Ist eigentlich schon jemanden die Ironie dieses Threads aufgefallen? Ich mein ein Trauerthread für den Applegründer in einem Spieleforum. Apple und Spiele?
Egal ich finde diesen Thread auch so unnötig, jeder der seine Trauerbekundigen will kann das bitte auch bei apple machen, die haben extra ein e-mailfach dafür.
Kondolenzgedöns jegweder art gehört einfach nicht in solche Foren.

edit:@spaceflyer bill gates bin ich gern bereit respekt für sein lebenswerk zu zollen, aber sicherlich nicht jobs der von vorne rein einen PC bloß umgetauft , und teurer wieder verkauft hat. und damit ist er zurecht am anfang auf die schnauze gefallen


----------



## DaScAn (6. Oktober 2011)

spaceflyer1982 schrieb:


> vorab. dies ist ein trauriger tag für die it branche egal ob man ihn mochte oder nicht. einige wenige kommentare hier ich möchte es mal freundlich ausdrücken sind unter aller sau. wenn es euch nicht interessiert. dann lasst es hier zu schreiben.
> 
> dieser mann hat mit einigen anderen zusammen großartiges in der it branche geleistet und da rede ich jetzt nicht speziell von iphone usw. sondern schon von der anfangszeit der computer. dieser mann hatte visionen, die uns mehr als nur berreichert haben. dieser mann hat sehr sehr viele menschen bewusst oder unbewusst im positiven sinnebeeinflusst und somit die it vorrangetrieben. wenn solche männer damals nicht mut bewiesen hätten, wären wir wahrscheinlich jetzt nicht da wo wir sind. und sein wir ehrlich ohne steve jobs wäre apple jetzt auch nciht da wo sie sind. er hat bestimmt in letzter zeit das rad nicht neu erfunden. aber er hat es reif gemacht für die masse. er hat bestimmt nicht das beste handy raus gebracht. aber das erste was wirklich intuietiv benutzbar war und heute schauen sich viele andere hersteller dieses ab und es gilt als selbstverständlich.
> 
> dieser mann hatte visionen, die uns immer begleiten werden und dafür danke ich dir steve jobs.






Belomil schrieb:


> dem ist nichts mehr hinzuzufügen... Steve Jobs war wohl einer der größten erfinder und schlauesten köpfe der heutigen zeit, ein Visionär sondergleichen
> 
> und an die leute die hier "iDontcare" oder ähnliches posten: ihr gehört ge-high-fived. mit nem stuhl. in die fresse! sowas ist in dieser situation so ziemlich das unangebrachteste was man machen kann, ob man apple mag oder nicht, es steht fest dass Steve Jobs unser aller Leben mit seiner Vision verändert hat
> 
> iTrauer



Alles gesagt!!!


----------



## EspCap (6. Oktober 2011)

tear_jerker schrieb:


> edit:@spaceflyer bill gates bin ich gern bereit respekt für sein lebenswerk zu zollen, aber sicherlich nicht jobs der von vorne rein einen PC bloß umgetauft , und teurer wieder verkauft hat. und damit ist er zurecht am anfang auf die schnauze gefallen



Du hast offensichtlich keine Ahnung wovon du redest.


----------



## spaceflyer1982 (6. Oktober 2011)

tear_jerker schrieb:


> Ist eigentlich schon jemanden die Ironie dieses Threads aufgefallen?

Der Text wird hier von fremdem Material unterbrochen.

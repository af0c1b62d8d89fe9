-- ===== src/Init/Main.antt =====
-- `main` of cmd/lxcri-init/main.go and the termination log. What it prints is left out; the texts of
-- errors and what JSON decodes to are parameters.
use lxcri.Base.{
  String, ◌≡◌, refl, Bool, true, false, none, some, List, [], ◌∷◌, ◌++◌, append_assoc, append-nil,
  ◌==◌, ◌<>◌, if◌then◌else◌, Error, failed, wrapped, nil_dereference, Result, ok, err, Option,
  Bool-cases, inl, inr,
}
use lxcri.Base.Int.{ℤ, pos}
use lxcri.Base.Calls.{Accepted}
use lxcri.Base.Host.{
  Host, M, History, Call, open_existing, write_text, close_file, perform, return, throw, lift,
  with_error, attempt, deferred, ◌>>=◌, ◌>>◌,
}
use lxcri.Base.FilePath.{join_path}
use lxcri.Oci.{Spec, entry_of}
use lxcri.Specki.Json.{decode_json_file}
use lxcri.Init.{do_init}

abbrev termination_path : Spec → String
termination_path spec = entry_of spec.annotations "io.kubernetes.container.terminationMessagePath"

module _ (h : Host) where
  -- `writeTerminationLog`, with the formatted text
  unfoldable pub write_termination_log : Spec → String → M (Unit {0})
  write_termination_log spec text = elim (termination_path spec == "") [
    | true ↦ return tt
    | false ↦ do
      perform h (open_existing (termination_path spec))
      deferred (close_file (termination_path spec)) (
          with_error
            (wrapped ("failed to write to termination log \"" <> termination_path spec <> "\""))
            (perform h (write_text (termination_path spec) text)))
  ]

  module _ (look_path : History → String → Result String) (lookup : String → Option String)
      (decode_state : String → Result (Unit {0})) where
    -- `doInit` on a spec; without a process it is a panic, behind the reading of the state.
    unfoldable pub init_spec : String → Spec → M (Unit {0})
    init_spec runtime_dir spec = do
      state_json ←
          attempt (decode_json_file h decode_state (join_path (runtime_dir ∷ "state.json" ∷ [])))
      elim spec.process [
        | none ↦ do
          with_error (λ e. failed "failed to read spec") (lift state_json)
          throw nil_dereference
        | some p ↦ do_init h look_path lookup state_json runtime_dir p spec.hooks
      ]

    module _ (error_text : Error → String) where
      -- `main` behind `doInit`; a panic ends the program at once.
      unfoldable pub report : Spec → Result (Unit {0}) → M ℤ
      report spec (ok u) = return (pos 0)
      report spec (err nil_dereference) = throw nil_dereference
      report spec (err e) = do
        logged ← attempt (write_termination_log spec ("init failed: " <> error_text e <> "\n"))
        return (pos 4)

      abbrev run_spec : String → Result Spec → M ℤ
      run_spec runtime_dir (ok spec) = do
        outcome ← attempt (init_spec runtime_dir spec)
        report spec outcome
      run_spec runtime_dir (err e) = return (pos 3)

      -- `main`: its exit code, from what os.Getwd returns
      unfoldable pub init_main : (String → Result Spec) → Result String → M ℤ
      init_main decode (err e) = return (pos 2)
      init_main decode (ok runtime_dir) = do
        spec ← attempt (decode_json_file h decode (join_path (runtime_dir ∷ "config.json" ∷ [])))
        run_spec runtime_dir spec

-- The calls that write to the termination log that a spec names
abbrev termination_calls : Spec → String → List Call
termination_calls spec text =
    if termination_path spec == ""
    then []
    else open_existing (termination_path spec)
      ∷ write_text (termination_path spec) text
      ∷ close_file (termination_path spec)
      ∷ []

abbrev is_panic : Error → Bool
is_panic nil_dereference = true
is_panic _ = false

module _ (h : Host) (spec : Spec) (text : String) where
  -- The log is written where the host takes the calls for it.
  write_termination_log_lem :
      (w : History)
      → Accepted h w (termination_calls spec text)
      → write_termination_log h spec text w ≡ (ok tt, w ++ termination_calls spec text)
  unfolding write_termination_log
  write_termination_log_lem w = elim (Bool-cases (termination_path spec == "")) [
    | inl none_given ↦ rw (none_given, write_termination_log) (λ taken. rw (append-nil w) refl)
    | inr given ↦
        rw (given, write_termination_log)
          (λ (opened, (written, closed)). rw (opened, written) (simp append_assoc))
  ]

  logged_lem :
      (w : History)
      → Accepted h w (termination_calls spec text)
      → (attempt (write_termination_log h spec text) >>= (λ _. return (pos 4))) w
        ≡ (ok (pos 4), w ++ termination_calls spec text)
  logged_lem w taken = rw (write_termination_log_lem w taken) refl

module _ (h : Host) (look_path : History → String → Result String) (lookup : String → Option String)
    (decode_state : String → Result (Unit {0})) (error_text : Error → String) where
  abbrev pub failure : Error → String
  failure e = "init failed: " <> error_text e <> "\n"

  report_lem :
      (spec : Spec) (e : Error) (w : History)
      → is_panic e ≡ false
      → Accepted h w (termination_calls spec (failure e))
      → report h look_path lookup decode_state error_text spec (err e) w
        ≡ (ok (pos 4), w ++ termination_calls spec (failure e))
  unfolding report
  report_lem spec nil_dereference w panic taken = absurd cc
  report_lem spec e w panic taken = logged_lem h spec (failure e) w taken

  -- If the spec can be read and `doInit` returns an error for it, other than by a panic, then lxcri-init
  -- exits with 4, behind having written the text of the error to the termination log that the
  -- annotations of the spec name, if they name one and the host takes the calls for that.
  pub init_main_fails :
      (decode : String → Result Spec) (runtime_dir : String) (spec : Spec) (e : Error)
      (w u v : History)
      → decode_json_file h decode (join_path (runtime_dir ∷ "config.json" ∷ [])) w ≡ (ok spec, u)
      → init_spec h look_path lookup decode_state runtime_dir spec u ≡ (err e, v)
      → is_panic e ≡ false
      → Accepted h v (termination_calls spec (failure e))
      → init_main h look_path lookup decode_state error_text decode (ok runtime_dir) w
        ≡ (ok (pos 4), v ++ termination_calls spec (failure e))
  unfolding init_main
  init_main_fails decode runtime_dir spec e w u v read failing panic taken =
      rw (read, failing) (report_lem spec e v panic taken)
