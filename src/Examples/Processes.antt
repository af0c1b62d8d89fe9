-- ===== src/Examples/Processes.antt =====
-- Runs of the init process and of the options to attach a process.
use lxcri.Base.{
  String, refl, ◌≡◌, [], ◌∷◌, ◌++◌, Option, none, some, Error, failed, wrapped, Result, ok, err,
}
use lxcri.Base.Int.{pos}
use lxcri.Base.FilePath.{join_path, clean, enter_all, unrooted}
use lxcri.Base.Host.{Host, History, Call, open_existing, write_text, close_file}
use lxcri.Oci.{Spec}
use lxcri.Specki.Json.{decode_json_file, close_decoded}
use lxcri.Init.Main.{init_spec, init_main, init_main_fails}
use lxcri.Specki.Env.{getenv}
use lxcri.Hooks.{run_hooks}
use lxcri.Init.{do_init, read_syncfifo, command_path, unmount_and_exec, HasExecuted, do_init_sound}
use lxcri.Examples.{sample, some_spec, some_process, no_hooks}

-- execve(2) is refused on this host.
abbrev not_executable : Host
not_executable = record sample { reply = λ w c. refuse c }
  where
    refuse : Call → Option Error
    refuse (Call.exec path args env) = some (Error.failed "permission denied")
    refuse _ = none

abbrev found : History → String → Result String
found w cmd = ok cmd

abbrev nobody : String → Option String
nobody name = none

do_init_sound_example :
    HasExecuted not_executable "/.lxcri" some_process
      (some no_hooks)
      (do_init not_executable found nobody (ok tt) "/.lxcri" some_process (some no_hooks) []).1
unfolding do_init read_syncfifo command_path unmount_and_exec run_hooks getenv
do_init_sound_example =
    do_init_sound not_executable found nobody (ok tt) "/.lxcri" some_process (some no_hooks) []
      (do_init not_executable found nobody (ok tt) "/.lxcri" some_process (some no_hooks) []).1 refl

abbrev missing : History → String → Result String
missing w cmd = err (failed "executable file not found in $PATH")

abbrev logging_spec : Spec
logging_spec = record (some_spec []) {
  annotations = ("io.kubernetes.container.terminationMessagePath", "/dev/termination-log") ∷ [];
}

abbrev decode_logging : String → Result Spec
decode_logging text = ok logging_spec

abbrev decode_fine : String → Result (Unit {0})
decode_fine text = ok tt

abbrev text_of : Error → String
text_of (wrapped m e) = m
text_of e = "error"

init_main_fails_example :
    let u = (decode_json_file sample decode_logging "/.lxcri/config.json" []).1 in
    let v = (init_spec sample missing nobody decode_fine "/.lxcri" logging_spec u).1 in
    init_main sample missing nobody decode_fine text_of decode_logging (ok "/.lxcri") [] ≡ (
      ok (pos 4),
      v
          ++ (open_existing "/dev/termination-log"
              ∷ write_text "/dev/termination-log" "init failed: lookup path for /bin/true failed\n"
              ∷ close_file "/dev/termination-log"
              ∷ []),
    )
unfolding init_spec do_init command_path getenv decode_json_file close_decoded join_path clean
    enter_all unrooted
init_main_fails_example =
    init_main_fails sample missing nobody decode_fine text_of decode_logging "/.lxcri" logging_spec
      (wrapped "lookup path for /bin/true failed" (failed "executable file not found in $PATH")) []
      _ _ refl refl refl (refl, (refl, (refl, tt)))
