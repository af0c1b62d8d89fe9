-- ===== src/Runtime/Check/Gap.antt =====
-- The namespace test compares every namespace with the PID namespace of the runtime, so a container
-- that asks for the runtime's own mount namespace is accepted.
use lxcri.Base.{
  String, ◌≡◌, ◌≢◌, refl, ◌∙◌, ap, false, some, ◌==◌, if◌then◌else◌, ok, is_empty, arith, eq_iff,
}
use lxcri.Base.Host.{Host, History, FileInfo}
use lxcri.Oci.{Spec, Process, Root, Linux, Namespace, mount_namespace, pid_namespace}
use lxcri.Namespaces.{get_namespace, is_namespace_shared_with_runtime}
use lxcri.Runtime.Check.{check_root, check_process, check_namespaces, check_spec, check_config}

-- A spec that passes all checks but, perhaps, the one of its mount namespace `ns`.
pub record IsOtherwiseFine (id : String) (spec : Spec) (ns : Namespace) : Type 0 where
  pub has_id : id ≢ ""
  pub root : Root
  pub root_given : spec.root ≡ some root
  pub root_path : root.path ≢ ""
  pub process : Process
  pub process_given : spec.process ≡ some process
  pub has_args : is_empty process.args ≡ false
  pub linux : Linux
  pub linux_given : spec.linux ≡ some linux
  pub mount_given : get_namespace linux.namespaces mount_namespace ≡ some ns
  pub pid_ns : Namespace
  pub pid_given : get_namespace linux.namespaces pid_namespace ≡ some pid_ns
  pub pid_new : pid_ns.path ≡ ""

shared_false :
    (h : Host) (w : History) (ns : Namespace) (a b : FileInfo)
    → ns.path ≡ "/proc/self/ns/mnt"
    → h.stat w "/proc/self/ns/mnt" ≡ ok a
    → h.stat w "/proc/self/ns/pid" ≡ ok b
    → a.ino ≢ b.ino
    → is_namespace_shared_with_runtime h (some ns) w ≡ (ok false, w)
unfolding is_namespace_shared_with_runtime
shared_false h w ns a b path sa sb differ =
    let sa' : h.stat w ns.path ≡ ok a = ap (h.stat w) path ∙ sa in
    let not_empty : (ns.path == "") ≡ false = rw path refl in ground arith

shared_new :
    (h : Host) (w : History) (ns : Namespace)
    → ns.path ≡ ""
    → is_namespace_shared_with_runtime h (some ns) w ≡ (ok false, w)
unfolding is_namespace_shared_with_runtime
shared_new h w ns path = rw (path, is_namespace_shared_with_runtime) refl

-- A spec whose mount namespace is the runtime's own, by path, is accepted on every host where the
-- mount and the PID namespace of the runtime are different files, if it passes the other checks.
pub check_config_accepts_runtime_mount :
    (h : Host) (w : History) (id : String) (spec : Spec) (ns : Namespace) (a b : FileInfo)
    → IsOtherwiseFine id spec ns
    → ns.path ≡ "/proc/self/ns/mnt"
    → h.stat w "/proc/self/ns/mnt" ≡ ok a
    → h.stat w "/proc/self/ns/pid" ≡ ok b
    → a.ino ≢ b.ino
    → (spec' : Spec) × (check_config h id spec w ≡ (ok spec', w))
unfolding check_config check_spec check_root check_process check_namespaces
check_config_accepts_runtime_mount h w id spec ns a b fine path sa sb differ = (
  record spec {
    process = some (if process.cwd == "" then record process { cwd = "/" } else process);
  },
  ground (
    arith,
    eq_iff id "",
    eq_iff root.path "",
    shared_false h w ns a b path sa sb differ,
    shared_new h w fine.pid_ns fine.pid_new,
  ),
)
  where
    open fine use {root, process}
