-- ===== src/Hooks/Environment.antt =====
-- `LoadEnv` of cmd/lxcri-hook/hooks.go.
use mathlib.Core.Path.{subst}
use lxcri.Base.{
  String, Bool, true, false, Option, none, some, List, [], ◌∷◌, ◌<>◌, ◌≡◌, refl, sym, ap, ◌∙◌, ◌==◌,
  eq_iff, to_upper, failed, Result, ok, err, if◌then◌else◌, Bool-cases, inl, inr, contains,
}
use lxcri.Base.Host.{Host}

-- `Env`
pub record Env : Type 0 where
  pub cgroup_aware : Bool
  pub config_file : String
  pub type : String
  pub section : String
  pub version : String
  pub log_level : String
  pub container_name : String
  -- a map, as a list of its entries
  pub shared_namespaces : List (String × String)
  pub rootfs_mount : String
  pub rootfs_path : String
  pub src_container_name : String

abbrev hook_namespaces : List String
hook_namespaces = "cgroup" ∷ "ipc" ∷ "mnt" ∷ "net" ∷ "pid" ∷ "time" ∷ "user" ∷ "uts" ∷ []

unfoldable ns_variable : String → String
ns_variable ns = "LXC_" <> to_upper ns <> "_NS"

module _ (h : Host) where
  -- os.Getenv
  unfoldable value_of : String → String
  value_of key = elim (h.lookup_env key) [ some val ↦ val | none ↦ "" ]

  unfoldable shared_of : List String → List (String × String)
  unfolding ns_variable
  shared_of [] = []
  shared_of (ns ∷ nss) = elim (h.lookup_env (ns_variable ns)) [
    | some val ↦ (ns, val) ∷ shared_of nss
    | none ↦ shared_of nss
  ]

  -- The values for a hook type. `CgroupAware` stays false.
  unfoldable pub env_of : String → Env
  unfolding value_of shared_of
  env_of hook_type = record {
    cgroup_aware = false;
    config_file = value_of "LXC_CONFIG_FILE";
    type = hook_type;
    section = value_of "LXC_HOOK_SECTION";
    version = value_of "LXC_HOOK_VERSION";
    log_level = value_of "LXC_LOG_LEVEL";
    container_name = value_of "LXC_NAME";
    shared_namespaces = shared_of hook_namespaces;
    rootfs_mount = value_of "LXC_ROOTFS_MOUNT";
    rootfs_path = value_of "LXC_ROOTFS_PATH";
    src_container_name = value_of "LXC_SRC_NAME";
  }

  -- `LoadEnv`
  unfoldable pub load_env : Result Env
  load_env = elim (h.lookup_env "LXC_HOOK_TYPE") [
    | none ↦ err (failed "LXC_HOOK_TYPE environment variable is not set")
    | some hook_type ↦ ok (env_of hook_type)
  ]

-- Reading a map
abbrev pub entry : List (String × String) → String → Option String
entry [] key = none
entry ((k, v) ∷ entries) key = let rest = entry entries key in if k == key then some v else rest

if-same : {A : Type 0} (b : Bool) (o a : A) → o ≡ a → (if b then o else a) ≡ o
if-same true o a e = refl
if-same false o a e = sym e

module _ (h : Host) where
  entry-shared_of :
      (nss : List String) (key : String)
      → entry (shared_of h nss) key
        ≡ (if contains nss key then h.lookup_env (ns_variable key) else none)
  unfolding shared_of
  entry-shared_of [] key = refl
  entry-shared_of (ns ∷ nss) key = go (entry-shared_of nss key) (h.lookup_env (ns_variable ns)) refl
    where
      here : (ns == key) ≡ true → h.lookup_env (ns_variable key) ≡ h.lookup_env (ns_variable ns)
      here same = ap (λ k. h.lookup_env (ns_variable k)) (sym ((eq_iff ns key).0 same))

      go :
          entry (shared_of h nss) key
            ≡ (if contains nss key then h.lookup_env (ns_variable key) else none)
          → (o : Option String) → h.lookup_env (ns_variable ns) ≡ o
          → entry (shared_of h (ns ∷ nss)) key
            ≡ (if contains (ns ∷ nss) key then h.lookup_env (ns_variable key) else none)
      go ih (some val) e = elim (Bool-cases (ns == key)) [
        | inl same ↦ rw (e, same, shared_of) (sym (here same ∙ e))
        | inr other ↦ rw (e, other, shared_of) ih
      ]
      go ih none e = elim (Bool-cases (ns == key)) [
        | inl same ↦
            rw (e, same, shared_of)
              (ih
                ∙ if-same (contains nss key) (h.lookup_env (ns_variable key)) none (here same ∙ e))
        | inr other ↦ rw (e, other, shared_of) ih
      ]

  -- `LoadEnv` succeeds only where the hook type is set; the type is that, and the map of the shared
  -- namespaces has, for each of the eight names, what the variable of that name holds, and nothing for
  -- any other name.
  load_env_sound :
      (env : Env) (ns : String)
      → load_env h ≡ ok env
      → (h.lookup_env "LXC_HOOK_TYPE" ≡ some env.type)
        × (entry env.shared_namespaces ns
            ≡ (if contains hook_namespaces ns then h.lookup_env (ns_variable ns) else none))
  unfolding load_env
  load_env_sound env ns e = go (h.lookup_env "LXC_HOOK_TYPE") refl
    where
      go :
          (o : Option String)
          → h.lookup_env "LXC_HOOK_TYPE" ≡ o
          → (h.lookup_env "LXC_HOOK_TYPE" ≡ some env.type)
            × (entry env.shared_namespaces ns
                ≡ (if contains hook_namespaces ns then h.lookup_env (ns_variable ns) else none))
      go none q =
          let bad : load_env h ≡ err (failed "LXC_HOOK_TYPE environment variable is not set") =
            rw (q, load_env) refl in
          absurd cc
      go (some type) q =
          let is : load_env h ≡ ok (env_of h type) = rw (q, load_env) refl in
          let same : env_of h type ≡ env = cc in
          subst
            (λ x.
              (h.lookup_env "LXC_HOOK_TYPE" ≡ some x.type)
              × (entry x.shared_namespaces ns
                  ≡ (if contains hook_namespaces ns then h.lookup_env (ns_variable ns) else none)))
            same (unfold env_of in (q, entry-shared_of hook_namespaces ns))
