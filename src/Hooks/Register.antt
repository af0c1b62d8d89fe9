-- ===== src/Hooks/Register.antt =====
-- Which lxc hooks `configureHooks` registers.
use lxcri.Base.{
  String, ◌≡◌, refl, not, ◌||◌, Option, List, [], ◌∷◌, ◌++◌, append_assoc, ok, is_empty,
}
use lxcri.Base.Host.{Host, Call, History, set_config_item, IsCompliant}
use lxcri.Config.{item_if, set_item_compliant, when-set_item}
use lxcri.Oci.{Hooks}
use lxcri.Hooks.{merge_hooks, register_hooks, configure_hooks}

-- The lxc hooks that a set of OCI hooks needs.
abbrev registered : String → Hooks → List Call
registered exec hooks =
    set_config_item "lxc.hook.version" "1"
    ∷ (item_if (not (is_empty (hooks.prestart ++ hooks.create_runtime))) "lxc.hook.pre-mount" exec
        ++ (item_if (not (is_empty hooks.create_container)) "lxc.hook.mount" exec
            ++ item_if (not (is_empty hooks.start_container)) "lxc.hook.start" exec))

is_empty-append {ℓ} :
    {A : Type ℓ} (xs ys : List A)
    → (not (is_empty xs) || not (is_empty ys)) ≡ not (is_empty (xs ++ ys))
is_empty-append [] ys = refl
is_empty-append (x ∷ xs) ys = refl

register_hooks_lem :
    (h : Host) (exec : String) (hooks : Hooks) (w : History)
    → IsCompliant h
    → register_hooks h exec hooks w ≡ (ok tt, w ++ registered exec hooks)
unfolding register_hooks
register_hooks_lem h exec hooks w quiet =
    rw
      (
        set_item_compliant h quiet,
        when-set_item h quiet,
        when-set_item h quiet,
        when-set_item h quiet,
        is_empty-append,
        register_hooks,
      )
      (simp append_assoc)

-- On a host that refuses no item, `configureHooks` stores the hooks of the runtime followed by those of
-- the container, and registers the hook program: for pre-mount exactly if there is a prestart or
-- createRuntime hook, for mount exactly if there is a createContainer hook, and for start exactly if
-- there is a startContainer hook.
pub configure_hooks_lem :
    (h : Host) (exec : String) (rt : Hooks) (spec : Option Hooks) (w : History)
    → IsCompliant h
    → configure_hooks h exec rt spec w
      ≡ (ok (merge_hooks rt spec), w ++ registered exec (merge_hooks rt spec))
unfolding configure_hooks
configure_hooks_lem h exec rt spec w quiet =
    rw (register_hooks_lem h exec (merge_hooks rt spec) w quiet) refl
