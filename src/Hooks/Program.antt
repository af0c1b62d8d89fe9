-- ===== src/Hooks/Program.antt =====
-- The hook program cmd/lxcri-hook/main.go, and what it does with the lxc hooks that `configureHooks`
-- registers. What JSON decodes to is a parameter; the flag for the timeout is left out.
use lxcri.Base.{
  String, ◌≡◌, refl, ◌∙◌, ap, false, not, Option, some, List, [], ◌∷◌, ◌++◌, append_assoc,
  append-nil, ◌<>◌, failed, Result, ok, err, is_empty, if◌then◌else◌,
}
use lxcri.Base.Int.{ℤ, pos}
use lxcri.Base.FilePath.{join_path, dir}
use lxcri.Base.Host.{
  IsCompliant, set_config_item, Host, M, History, return, throw, lift, when, attempt, ◌>>=◌, ◌>>◌,
}
use lxcri.Config.{item_if}
use lxcri.Oci.{Hooks, Hook, ContainerState, creating}
use lxcri.Specki.Json.{decode_json_file}
use lxcri.Hooks.{merge_hooks, oci_hooks_and_state, run_hooks, configure_hooks}
use lxcri.Hooks.Environment.{Env, env_of, load_env}
use lxcri.Hooks.Register.{configure_hooks_lem}

-- The program runs, for pre-mount, the prestart hooks and then the createRuntime hooks, and for mount
-- the createContainer hooks, in the state `creating`.
oci_hooks_and_state_mapped :
    (hooks : Hooks)
    → (oci_hooks_and_state "pre-mount" hooks
        ≡ ok (hooks.prestart ++ hooks.create_runtime, creating))
      × (oci_hooks_and_state "mount" hooks ≡ ok (hooks.create_container, creating))
unfolding oci_hooks_and_state
oci_hooks_and_state_mapped hooks = (go hooks.create_runtime, refl)
  where
    go :
        (l : List Hook)
        → ◌≡◌ {A = Result (List Hook × ContainerState)}
            (if not (is_empty l)
              then ok (hooks.prestart ++ l, creating)
              else ok (hooks.prestart, creating))
            (ok (hooks.prestart ++ l, creating))
    go [] = rw append-nil refl
    go (x ∷ xs) = refl

abbrev pub hooks_path : Env → String
hooks_path env = join_path (dir env.config_file ∷ "hooks.json" ∷ [])

module _ (h : Host) (decode_hooks : String → Result Hooks)
    (decode_state : String → Result (Unit {0})) where
  -- The state is decoded behind the choice of the hooks, which are given it with another status.
  unfoldable run_state : Env → M (Unit {0})
  run_state env =
      decode_json_file h decode_state (join_path (dir env.config_file ∷ "state.json" ∷ []))

  -- `run`
  unfoldable pub run : Env → M (Unit {0})
  unfolding run_state
  run env = do
    hooks ← decode_json_file h decode_hooks (hooks_path env)
    (to_run, status) ← lift (oci_hooks_and_state env.type hooks)
    when (is_empty to_run)
        (throw (failed ("no OCI hooks defined for lxc hook '" <> env.type <> "'")))
    run_state env
    run_hooks h false to_run

  abbrev ended_run : Result (Unit {0}) → M ℤ
  ended_run (ok u) = return (pos 0)
  ended_run (err e) = return (pos 3)

  abbrev run_in : Result Env → M ℤ
  run_in (ok env) = do outcome ← attempt (run env); ended_run outcome
  run_in (err e) = return (pos 2)

  -- `main`: its exit code
  unfoldable pub hook_main : M ℤ
  hook_main w = run_in (load_env h) w

  -- For pre-mount and for mount the program runs just the hooks of that stage, in order and up to the
  -- first failure, whenever there is one and its two files can be read.
  run_registered :
      (env : Env) (hooks : Hooks) (w u : History)
      → decode_json_file h decode_hooks (hooks_path env) w ≡ (ok hooks, u)
      → (is_empty (hooks.prestart ++ hooks.create_runtime) ≡ false
          → env.type ≡ "pre-mount"
          → run env w
            ≡ (run_state env >> run_hooks h false (hooks.prestart ++ hooks.create_runtime)) u)
        × (is_empty hooks.create_container ≡ false
            → env.type ≡ "mount"
            → run env w ≡ (run_state env >> run_hooks h false hooks.create_container) u)
  unfolding run
  run_registered env hooks w u read = (
    λ some_hook type. rw read (rw (type, (oci_hooks_and_state_mapped hooks).0) (rw some_hook refl)),
    λ some_hook type. rw read (rw (type, (oci_hooks_and_state_mapped hooks).1) (rw some_hook refl)),
  )

  start_fails :
      (hooks : Hooks) (w u : History)
      → h.lookup_env "LXC_HOOK_TYPE" ≡ some "start"
      → decode_json_file h decode_hooks (hooks_path (env_of h "start")) w ≡ (ok hooks, u)
      → hook_main w ≡ (ok (pos 3), u)
  unfolding hook_main load_env env_of run oci_hooks_and_state
  start_fails hooks w u type read = rw (type, load_env) (rw read refl)

abbrev before_start : String → Hooks → History → History
before_start exec hooks w =
    w
    ++ (set_config_item "lxc.hook.version" "1"
        ∷ (item_if (not (is_empty (hooks.prestart ++ hooks.create_runtime))) "lxc.hook.pre-mount"
              exec
            ++ item_if (not (is_empty hooks.create_container)) "lxc.hook.mount" exec))

-- For a startContainer hook, of the runtime or of the container, `configureHooks` ends by registering
-- the hook program for start, on a host that refuses no item; and the program, called for start with
-- the hooks in its file, exits with 3 and starts none of them.
pub start_hook_fails :
    (h : Host) (exec : String) (rt : Hooks) (spec : Option Hooks)
    (decode_hooks : String → Result Hooks) (decode_state : String → Result (Unit {0}))
    (w v u : History)
    → IsCompliant h
    → is_empty (merge_hooks rt spec).start_container ≡ false
    → h.lookup_env "LXC_HOOK_TYPE" ≡ some "start"
    → decode_json_file h decode_hooks (hooks_path (env_of h "start")) v
      ≡ (ok (merge_hooks rt spec), u)
    → ((before : History) × ((configure_hooks h exec rt spec w).1
          ≡ before ++ (set_config_item "lxc.hook.start" exec ∷ [])))
      × (hook_main h decode_hooks decode_state v ≡ (ok (pos 3), u))
start_hook_fails h exec rt spec decode_hooks decode_state w v u quiet some_hook type read = (
  (
    before_start exec hooks w,
    ap (λ r. r.1) (configure_hooks_lem h exec rt spec w quiet) ∙ (rw some_hook (simp append_assoc)),
  ),
  start_fails h decode_hooks decode_state hooks v u type read,
)
  where
    hooks : Hooks
    hooks = merge_hooks rt spec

Ich mein ein Trauerthread für den Applegründer in einem Spieleforum. Apple und Spiele?
> Egal ich finde diesen Thread auch so unnötig, jeder der seine Trauerbekundigen will kann das bitte auch bei apple machen, die haben extra ein e-mailfach dafür.
> Kondolenzgedöns jegweder art gehört einfach nicht in solche Foren.
> 
> edit: bill gates bin ich gern bereit respekt für sein lebenswerk zu zollen, aber sicherlich nicht jobs der von vorne rein einen PC bloß umgetauft , und teurer wieder verkauft hat. und damit ist er zurecht am anfang auf die schnauze gefallen



ohne computer gäbe es keine computerspiele und ohne computerspiele/pc's gäbe es kein solches forum. irgentwie ist da für mich ein zusammenhang. und wie dies mit steve jobs zusammenhängt habe ich meiner ansicht nach schon erklärt.


----------



## Dantus (6. Oktober 2011)

Ich persönlich finde es traurig, dass er gestorben ist, ich kannte ihn namendlich erst seid kurzem aber die techischen Inovationen die in elektronischen Geräten unter seiner Leitung entstanden sind haben mich beeindruckt.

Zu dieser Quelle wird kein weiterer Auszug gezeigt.